### Exercise description
Scan the entries and copy each line where the word "unfoldable" is present.

= = =

-- ===== src/Drill/Verdict.antt =====
-- The objectives and the verdict of `finalize` in pkg/drill/drill.go.
pub mod Meaning
use fire_drill.Base.{
  ℤ, Bool, true, false, not, ◌&&◌, ◌||◌, List, [], ◌∷◌, Option, none, some, String, leb_ℤ, ◌==◌,
  string_eq, if◌then◌else◌,
}
use fire_drill.Spec.Document.{Objectives}
use fire_drill.Verify.Types.{CheckResult}
use fire_drill.Report.Evidence.{Evidence, Measured}

-- `dataCheckNames`.
unfoldable pub is_data_name : String → Bool
is_data_name n =
    n == "rowCount"
    || n == "checksum"
    || n == "smoke"
    || n == "canary"
    || n == "podsReady"
    || n == "resourceCount"

abbrev pub is_none {ℓ} : {A : Type ℓ} → Option A → Bool
is_none none = true
is_none (some a) = false

-- The loop over the results: the verdict so far, and whether a data check has passed.
unfoldable pub weigh : Bool → Bool → List CheckResult → Bool × Bool
unfolding is_data_name
weigh verified proven [] = (verified, proven)
weigh verified proven (r ∷ rs) =
    weigh (verified && not (not r.passed && not r.skipped) && not r.skipped)
      (proven || (r.passed && is_data_name r.name)) rs

unfoldable pub verdict : Objectives → Option String → ℤ → ℤ → Evidence → Evidence
verdict o restore_err restore_dur backup_age e =
    let rto_met = is_none restore_err && leb_ℤ restore_dur o.rto in
    let rpo_met = leb_ℤ backup_age o.rpo in
    let (verified, proven) = weigh (is_none restore_err && rto_met && rpo_met) false e.checks in
    record e {
      measured = record { restore = e.measured.restore; rto_met = rto_met; rpo_met = rpo_met };
      verified = if proven then verified else false;
      error = restore_err;
    }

= = =

### Answer to this exercise
unfoldable pub is_data_name : String → Bool
unfoldable pub weigh : Bool → Bool → List CheckResult → Bool × Bool
unfoldable pub verdict : Objectives → Option String → ℤ → ℤ → Evidence → Evidence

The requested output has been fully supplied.